You might as well timestamp more things

Published:

You might as well timestamp it was a post doing the rounds a few years ago. It suggests using timestamps rather than booleans just to have the extra data point of when something happened.

Lately I found myself in a different, but related situation. I had something like the following model:

from django.db import models


class Order(models.Model):
    class Status(models.TextChoices):
        PLACED = "placed", "placed"
        SHIPPED = "shipped", "shipped"

    ...
    status = models.CharField(choices=Status.choices, db_default=Status.PLACED)
    date_ordered = models.DateTimeField(db_default=Now())
    date_shipped = models.DateTimeField(null=True, blank=True)

I want to know the status of an order, and also the dates that these statuses were entered.
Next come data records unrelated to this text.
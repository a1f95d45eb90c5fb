-- ===== src/Issue/Discussion.antt =====
-- The comments and the dependencies of issues in src/issue/mod.rs, and the two columns of an issue that are
-- written on their own.
pub mod Laws
use vai.Common.{
  ℕ, suc, Option, none, some, Bool, true, false, ◌&&◌, List, [], ◌∷◌, ◌++◌, String, ◌==◌, nat_eq,
  any, keep, map, is_empty, if◌then◌else◌,
}
use vai.Common.Table.{find_key, update_key}
use vai.Common.Sort.{sort_by_key}
use vai.Issue.{AgentSource, IssueRow}
use vai.Issue.Store.{World, set_rows}

pub record IssueComment : Type 0 where
  pub id : ℕ
  pub issue_id : ℕ
  pub author : String
  pub body : Option String
  pub author_type : String
  pub author_id : Option String
  pub created_at : ℕ
  pub parent_id : Option ℕ
  pub edited_at : Option ℕ
  pub deleted_at : Option ℕ

pub record Dependency : Type 0 where
  pub issue_id : ℕ
  pub depends_on_id : ℕ

-- The tables `issue_comments` and `issue_dependencies`.
pub record Discussion : Type 0 where
  pub comments : List IssueComment
  pub dependencies : List Dependency

abbrev pub comment_key : IssueComment → ℕ
comment_key c = c.id

unfoldable pub create_comment :
    ℕ
    → ℕ
    → ℕ
    → String
    → String
    → String
    → Option String
    → Option ℕ
    → Discussion
    → Discussion × IssueComment
create_comment id now issue author body author_type author_id parent d =
    let comment : IssueComment = record {
      id = id;
      issue_id = issue;
      author = author;
      body = some body;
      author_type = author_type;
      author_id = author_id;
      created_at = now;
      parent_id = parent;
      edited_at = none;
      deleted_at = none;
    } in
    (record d { comments = d.comments ++ comment ∷ [] }, comment)

-- `ORDER BY created_at ASC`.
unfoldable pub list_comments : ℕ → Discussion → List IssueComment
list_comments issue d =
    sort_by_key (λ (c : IssueComment). c.created_at)
      (keep (λ (c : IssueComment). nat_eq c.issue_id issue) d.comments)

abbrev pub change_comment :
    ℕ
    → (IssueComment → IssueComment)
    → Discussion
    → Option IssueComment
    → Discussion × Option IssueComment
change_comment id set d none = (d, none)
change_comment id set d (some c) =
    let comments = update_key comment_key id set d.comments in
    (record d { comments = comments }, find_key comment_key id comments)

abbrev pub edited : String → ℕ → IssueComment → IssueComment
edited body now c = record c { body = some body; edited_at = some now }

abbrev pub deleted : ℕ → IssueComment → IssueComment
deleted now c = record c { deleted_at = some now }

-- `none` is `NotFound`: the update changed no row.
unfoldable pub update_comment : ℕ → String → ℕ → Discussion → Discussion × Option IssueComment
update_comment id body now d =
    change_comment id (edited body now) d (find_key comment_key id d.comments)

unfoldable pub soft_delete_comment : ℕ → ℕ → Discussion → Discussion × Option IssueComment
soft_delete_comment id now d =
    change_comment id (deleted now) d (find_key comment_key id d.comments)

abbrev pub is_dependency : ℕ → ℕ → Dependency → Bool
is_dependency issue blocker p = nat_eq p.issue_id issue && nat_eq p.depends_on_id blocker

-- `INSERT OR IGNORE`.
unfoldable pub add_dependency : ℕ → ℕ → Discussion → Discussion
add_dependency issue blocker d =
    if any (is_dependency issue blocker) d.dependencies then d else record d {
      dependencies = d.dependencies ++ record { issue_id = issue; depends_on_id = blocker } ∷ [];
    }

unfoldable pub list_blockers : ℕ → Discussion → List ℕ
list_blockers issue d =
    map (λ (p : Dependency). p.depends_on_id)
      (keep (λ (p : Dependency). nat_eq p.issue_id issue) d.dependencies)

-- The columns `agent_source` and `acceptance_criteria`, without a time or an event.
unfoldable pub set_agent_source : ℕ → AgentSource → World → World
set_agent_source id source w = set_rows id (λ r. record r { agent_source = some source }) w

unfoldable pub set_acceptance_criteria : ℕ → List String → World → World
set_acceptance_criteria id criteria w =
    set_rows id (λ r. record r { acceptance_criteria = criteria }) w
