-- ===== src/Issue/Discussion/Laws.antt =====
-- What the comments and the dependencies of src/issue/mod.rs keep.
use vai.Common.{
  ℕ, suc, ◌≤◌, ◌≡◌, ◌≢◌, refl, inl, inr, true, false, ◌&&◌, List, [], ◌∷◌, ◌++◌, String, nat_eq,
  nat_eq_iff, any, if◌then◌else◌, arith, Option-cases,
}
use vai.Common.Table.{find_key, find_key-update_key}
use vai.Issue.Discussion.{
  IssueComment, Dependency, Discussion, comment_key, update_comment, soft_delete_comment,
  change_comment, edited, deleted, is_dependency, add_dependency,
}

-- Every pair is in the table once.
abbrev pub blocker_count : ℕ → ℕ → List Dependency → ℕ
blocker_count issue blocker [] = 0
blocker_count issue blocker (p ∷ ps) =
    if is_dependency issue blocker p
    then suc (blocker_count issue blocker ps)
    else blocker_count issue blocker ps

absent :
    (issue blocker : ℕ) (ps : List Dependency)
    → any (is_dependency issue blocker) ps ≡ false
    → blocker_count issue blocker ps ≡ 0
absent issue blocker [] h = refl
absent issue blocker (p ∷ ps) h = ground (arith, absent issue blocker ps)

count-append :
    (issue blocker : ℕ) (ps : List Dependency) (p : Dependency)
    → blocker_count issue blocker (ps ++ p ∷ []) ≡ (
        if is_dependency issue blocker p
        then suc (blocker_count issue blocker ps)
        else blocker_count issue blocker ps)
count-append issue blocker [] p = ground arith
count-append issue blocker (x ∷ ps) p = ground (arith, count-append issue blocker ps p)

present :
    (issue blocker : ℕ) (ps : List Dependency)
    → any (is_dependency issue blocker) ps ≡ true
    → blocker_count issue blocker ps ≢ 0
present issue blocker [] h = cc
present issue blocker (p ∷ ps) h = ground (arith, present issue blocker ps)

same_pair :
    (issue blocker i b : ℕ) (ps : List Dependency)
    → (nat_eq issue i && nat_eq blocker b) ≡ true
    → blocker_count i b ps ≡ blocker_count issue blocker ps
same_pair issue blocker i b ps h =
    let p : issue ≡ i = ground (arith, h) in
    let q : blocker ≡ b = ground (arith, h) in rw p (rw q refl)

-- How often a pair of issues is recorded is 1 after it was added, if it was there at most once before, and
-- is what it was for every other pair.
pub blocker_count-add_dependency :
    (issue blocker i b : ℕ) (d : Discussion)
    → blocker_count issue blocker d.dependencies ≤ 1
    → blocker_count i b (add_dependency issue blocker d).dependencies
      ≡ (if nat_eq issue i && nat_eq blocker b then 1 else blocker_count i b d.dependencies)
unfolding add_dependency
blocker_count-add_dependency issue blocker i b d h = ground (
  arith,
  h,
  same_pair issue blocker i b d.dependencies,
  absent issue blocker d.dependencies,
  present issue blocker d.dependencies,
  count-append i b d.dependencies (record { issue_id = issue; depends_on_id = blocker }),
)

change_comment-only :
    (id j : ℕ) (set : IssueComment → IssueComment) (d : Discussion)
    → ((c : IssueComment) → (set c).id ≡ c.id)
    → find_key comment_key j
        (change_comment id set d (find_key comment_key id d.comments)).0.comments
      ≡ (if nat_eq id j
          then (change_comment id set d (find_key comment_key id d.comments)).1
          else find_key comment_key j d.comments)
change_comment-only id j set d h = elim (Option-cases (find_key comment_key id d.comments)) [
  | inl p ↦ ground (arith, p, nat_eq_iff id j)
  | inr (c, p) ↦
      ground (arith, p, nat_eq_iff id j, find_key-update_key comment_key id j set d.comments h)
]

-- After an edit or a deletion the comment that is read under the id is the one that was answered, and
-- none where none was answered; the comments under other ids stay as they are.
pub comment_changes-only :
    (id j now : ℕ) (body : String) (d : Discussion)
    → (find_key comment_key j (update_comment id body now d).0.comments ≡ (
        if nat_eq id j
        then (update_comment id body now d).1
        else find_key comment_key j d.comments))
      × (find_key comment_key j (soft_delete_comment id now d).0.comments ≡ (
          if nat_eq id j
          then (soft_delete_comment id now d).1
          else find_key comment_key j d.comments))
unfolding update_comment soft_delete_comment
comment_changes-only id j now body d = (
  change_comment-only id j (edited body now) d (λ c. refl),
  change_comment-only id j (deleted now) d (λ c. refl),
)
It's a very simple type of state machine where there is only one direction of movement. It can go from placed to shipped, and that's all. If the status is more complex, it can go between states in different ways or multiple times, there are options such as audit logs, finite state machines, event sourcing, and maybe more I don't know about. But for this simple case, I'd rather avoid this extra complexity.

However, there's still a bit of an issue here. What is the source of truth? Is it the status, or the dates? What if date_shipped is set, but the status is set to PLACED? All this gets messier if we were to add more statuses. It's likely users will want to know when their order is delivered, or they may want to cancel or return orders. There are several ways to solve this problem.

One solution is to add a database constraint ensuring that the status matches up with the dates. This works quite well, though I find it slightly lacking in that you still have to make sure that you always change the status correctly when you change the dates, or you will hit a server error (or a validation error in the admin). We can do better, by only storing the timestamps and deriving the status from them, e.g.:

from django.db import models


class Order(models.Model):
    class Status(models.TextChoices):
        PLACED = "placed", "placed"
        SHIPPED = "shipped", "shipped"

    ...
    date_ordered = models.DateTimeField(db_default=Now())
    date_shipped = models.DateTimeField(null=True, blank=True)

    @property
    def status(self):
        if self.date_shipped:
            return self.Status.SHIPPED
        return self.Status.PLACED

However, it's now much more annoying to query by status, filter in the admin, etc. We need to reproduce the logic every time. And it's likely pretty tough to index well for every case, especially once we add more fields, so you might end up with some slow queries.

Luckily the Django 5.0 release was near when I was thinking about this problem, and the new GeneratedField turned out to be just what I needed. With it, we can move this logic into the database:

from django.db import models
from django.db.models import Case, When, Value


class Order(models.Model):
    class Status(models.TextChoices):
        PLACED = "placed", "placed"
        SHIPPED = "shipped", "shipped"

    ...
    date_ordered = models.DateTimeField(db_default=Now())
    date_shipped = models.DateTimeField(null=True, blank=True)
    status = models.GeneratedField(
        db_persist=True,
        output_field=models.CharField(),
        choices=Status,
        expression=(
            Case(
                When(date_shipped__isnull=False, then=Value(Status.SHIPPED)),
                default=Value(Status.PLACED),
            )
        ),
    )

Our new status field will always be correct, as it's derived from the dates. We can also query it in a very simple way, and admin filters will just work. As it's persisted to the database, we can index it easily, so these queries can be fast. Adding new statuses is fairly straightforward, just add a new choice, DateTimeField, and a clause to the GeneratedField expression. Everything in one place, and all we need to do to change status is to set the right DateTimeField.

The one remaining problem is that the dates can still be inconsistent. For example, nothing is stopping you from having an order that has been delivered but not shipped. This can be fixed with database constraints, but I'll leave that as an exercise for the reader. I imagine it's also possible to define some kind of finite state machine schema and automatically generate the GeneratedField and constraints, but that one is also definitely an exercise for the reader.

It's been suggested that you might as well timestamp your booleans. I wouldn't go so far as to suggesting that you also timestamp your status fields, but if you need to, this feels like a pretty good way to do it.